**WHAT THE TASK REQUIRES:** Return the following from the records below: each line, word for word, starting with the line that contains "sel ≡ some r" and going on through the line that contains "after_answer-Counted fuel n q req p (w.answer", with nothing outside that range.

(Dataset entries)

--- --- ---

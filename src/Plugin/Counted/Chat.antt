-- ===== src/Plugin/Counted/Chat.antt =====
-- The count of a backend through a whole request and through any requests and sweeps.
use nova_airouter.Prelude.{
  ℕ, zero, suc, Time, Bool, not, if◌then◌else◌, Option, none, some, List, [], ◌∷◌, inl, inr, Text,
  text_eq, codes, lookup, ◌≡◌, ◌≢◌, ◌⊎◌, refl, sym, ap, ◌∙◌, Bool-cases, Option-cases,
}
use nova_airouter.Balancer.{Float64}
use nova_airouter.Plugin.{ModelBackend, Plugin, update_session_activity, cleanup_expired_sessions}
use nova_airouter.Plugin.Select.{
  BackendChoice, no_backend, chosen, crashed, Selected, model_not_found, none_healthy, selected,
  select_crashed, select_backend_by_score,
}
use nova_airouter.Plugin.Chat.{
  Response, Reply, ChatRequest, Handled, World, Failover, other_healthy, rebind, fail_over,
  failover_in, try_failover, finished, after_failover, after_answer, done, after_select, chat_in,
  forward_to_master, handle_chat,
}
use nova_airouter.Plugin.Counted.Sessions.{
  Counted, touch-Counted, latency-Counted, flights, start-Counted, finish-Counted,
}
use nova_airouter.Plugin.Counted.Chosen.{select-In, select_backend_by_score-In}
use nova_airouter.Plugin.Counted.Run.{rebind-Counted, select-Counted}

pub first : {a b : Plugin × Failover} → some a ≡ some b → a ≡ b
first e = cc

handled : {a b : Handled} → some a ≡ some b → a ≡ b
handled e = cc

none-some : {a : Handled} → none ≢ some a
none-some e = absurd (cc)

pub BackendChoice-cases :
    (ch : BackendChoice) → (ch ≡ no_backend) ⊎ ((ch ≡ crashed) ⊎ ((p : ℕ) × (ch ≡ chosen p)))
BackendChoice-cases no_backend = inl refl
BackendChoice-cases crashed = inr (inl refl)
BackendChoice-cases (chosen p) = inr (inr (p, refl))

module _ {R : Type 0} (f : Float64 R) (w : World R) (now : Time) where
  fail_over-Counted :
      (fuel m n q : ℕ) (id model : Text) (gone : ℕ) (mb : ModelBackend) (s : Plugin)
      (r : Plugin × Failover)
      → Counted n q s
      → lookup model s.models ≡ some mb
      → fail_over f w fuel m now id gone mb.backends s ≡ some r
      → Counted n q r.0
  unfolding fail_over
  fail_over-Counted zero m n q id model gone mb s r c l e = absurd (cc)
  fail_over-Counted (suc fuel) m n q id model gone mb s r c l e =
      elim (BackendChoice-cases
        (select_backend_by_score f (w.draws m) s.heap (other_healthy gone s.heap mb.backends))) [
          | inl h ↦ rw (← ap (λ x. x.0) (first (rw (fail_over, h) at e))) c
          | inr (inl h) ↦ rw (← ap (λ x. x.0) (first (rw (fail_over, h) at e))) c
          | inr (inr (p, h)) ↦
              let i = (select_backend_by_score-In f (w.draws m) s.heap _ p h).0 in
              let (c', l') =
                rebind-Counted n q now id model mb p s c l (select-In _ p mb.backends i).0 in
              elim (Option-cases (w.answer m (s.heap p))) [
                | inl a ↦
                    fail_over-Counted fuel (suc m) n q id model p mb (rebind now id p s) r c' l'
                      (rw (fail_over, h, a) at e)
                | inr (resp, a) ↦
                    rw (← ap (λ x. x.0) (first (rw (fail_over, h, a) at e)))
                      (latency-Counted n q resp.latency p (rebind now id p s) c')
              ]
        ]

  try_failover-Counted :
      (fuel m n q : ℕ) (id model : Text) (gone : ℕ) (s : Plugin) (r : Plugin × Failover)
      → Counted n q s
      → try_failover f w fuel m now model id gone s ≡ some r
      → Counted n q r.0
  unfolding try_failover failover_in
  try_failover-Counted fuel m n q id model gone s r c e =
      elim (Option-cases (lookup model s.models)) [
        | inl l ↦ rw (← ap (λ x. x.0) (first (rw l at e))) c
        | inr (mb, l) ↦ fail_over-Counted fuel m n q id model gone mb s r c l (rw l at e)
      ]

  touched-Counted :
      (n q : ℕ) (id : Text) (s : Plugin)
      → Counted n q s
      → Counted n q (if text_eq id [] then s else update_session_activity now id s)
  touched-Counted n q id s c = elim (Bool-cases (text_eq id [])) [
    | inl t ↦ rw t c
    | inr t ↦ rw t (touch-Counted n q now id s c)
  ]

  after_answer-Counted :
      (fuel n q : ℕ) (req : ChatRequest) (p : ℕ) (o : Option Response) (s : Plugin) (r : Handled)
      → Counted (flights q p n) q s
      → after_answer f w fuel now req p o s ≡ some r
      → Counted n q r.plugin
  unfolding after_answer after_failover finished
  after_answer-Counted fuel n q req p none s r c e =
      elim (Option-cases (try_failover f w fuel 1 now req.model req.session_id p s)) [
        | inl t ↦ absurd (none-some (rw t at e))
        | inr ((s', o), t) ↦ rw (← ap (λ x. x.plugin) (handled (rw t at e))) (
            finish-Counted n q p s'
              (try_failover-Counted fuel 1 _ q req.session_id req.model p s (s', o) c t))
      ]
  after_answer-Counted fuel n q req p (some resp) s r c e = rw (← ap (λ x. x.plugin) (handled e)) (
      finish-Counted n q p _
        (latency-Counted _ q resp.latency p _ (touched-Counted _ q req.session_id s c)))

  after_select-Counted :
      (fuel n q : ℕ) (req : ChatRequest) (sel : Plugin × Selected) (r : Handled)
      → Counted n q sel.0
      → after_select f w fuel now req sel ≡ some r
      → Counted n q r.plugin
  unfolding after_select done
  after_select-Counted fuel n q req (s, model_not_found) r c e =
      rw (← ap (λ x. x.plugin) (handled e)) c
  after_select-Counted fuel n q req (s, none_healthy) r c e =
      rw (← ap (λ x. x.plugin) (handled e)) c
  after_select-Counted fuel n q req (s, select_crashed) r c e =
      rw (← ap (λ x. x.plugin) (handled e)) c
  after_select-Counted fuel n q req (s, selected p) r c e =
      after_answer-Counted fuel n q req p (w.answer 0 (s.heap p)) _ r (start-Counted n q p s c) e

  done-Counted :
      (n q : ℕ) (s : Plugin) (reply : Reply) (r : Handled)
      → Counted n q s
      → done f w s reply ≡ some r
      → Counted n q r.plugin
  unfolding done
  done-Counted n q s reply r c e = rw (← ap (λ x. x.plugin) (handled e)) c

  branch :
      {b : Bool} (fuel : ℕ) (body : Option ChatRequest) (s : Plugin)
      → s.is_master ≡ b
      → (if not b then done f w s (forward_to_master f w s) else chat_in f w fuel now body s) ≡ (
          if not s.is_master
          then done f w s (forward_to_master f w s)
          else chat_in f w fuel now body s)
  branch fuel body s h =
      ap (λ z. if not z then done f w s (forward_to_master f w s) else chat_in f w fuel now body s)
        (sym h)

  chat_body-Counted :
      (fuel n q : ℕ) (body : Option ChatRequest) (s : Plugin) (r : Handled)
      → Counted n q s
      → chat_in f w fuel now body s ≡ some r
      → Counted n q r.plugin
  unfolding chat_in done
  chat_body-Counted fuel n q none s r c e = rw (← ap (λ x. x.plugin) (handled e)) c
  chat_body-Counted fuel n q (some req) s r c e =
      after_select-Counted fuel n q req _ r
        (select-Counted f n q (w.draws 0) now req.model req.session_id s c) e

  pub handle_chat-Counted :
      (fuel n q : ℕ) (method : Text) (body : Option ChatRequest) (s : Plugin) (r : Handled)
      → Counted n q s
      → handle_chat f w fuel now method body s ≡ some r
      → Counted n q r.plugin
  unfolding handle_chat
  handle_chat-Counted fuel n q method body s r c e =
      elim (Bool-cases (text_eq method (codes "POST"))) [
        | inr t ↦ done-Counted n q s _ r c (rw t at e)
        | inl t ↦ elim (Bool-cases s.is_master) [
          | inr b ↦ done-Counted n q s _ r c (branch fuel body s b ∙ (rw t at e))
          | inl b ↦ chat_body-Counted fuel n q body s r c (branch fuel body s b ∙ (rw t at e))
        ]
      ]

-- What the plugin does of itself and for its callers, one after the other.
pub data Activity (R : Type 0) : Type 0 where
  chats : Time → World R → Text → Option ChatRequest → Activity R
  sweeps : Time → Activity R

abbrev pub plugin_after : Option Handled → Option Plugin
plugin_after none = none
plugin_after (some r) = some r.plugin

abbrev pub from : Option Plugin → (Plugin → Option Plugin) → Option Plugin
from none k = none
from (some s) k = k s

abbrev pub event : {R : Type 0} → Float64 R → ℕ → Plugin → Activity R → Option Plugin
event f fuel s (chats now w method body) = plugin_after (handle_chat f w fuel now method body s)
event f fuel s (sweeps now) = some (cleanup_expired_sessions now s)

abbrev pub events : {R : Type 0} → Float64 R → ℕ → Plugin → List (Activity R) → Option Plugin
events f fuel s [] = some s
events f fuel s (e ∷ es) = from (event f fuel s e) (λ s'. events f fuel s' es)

--- --- ---

**ANSWER SECTION:**
      → after_select f w fuel now req sel ≡ some r
      → Counted n q r.plugin
  unfolding after_select done
  after_select-Counted fuel n q req (s, model_not_found) r c e =
      rw (← ap (λ x. x.plugin) (handled e)) c
  after_select-Counted fuel n q req (s, none_healthy) r c e =
      rw (← ap (λ x. x.plugin) (handled e)) c
  after_select-Counted fuel n q req (s, select_crashed) r c e =
      rw (← ap (λ x. x.plugin) (handled e)) c
  after_select-Counted fuel n q req (s, selected p) r c e =
      after_answer-Counted fuel n q req p (w.answer 0 (s.heap p)) _ r (start-Counted n q p s c) e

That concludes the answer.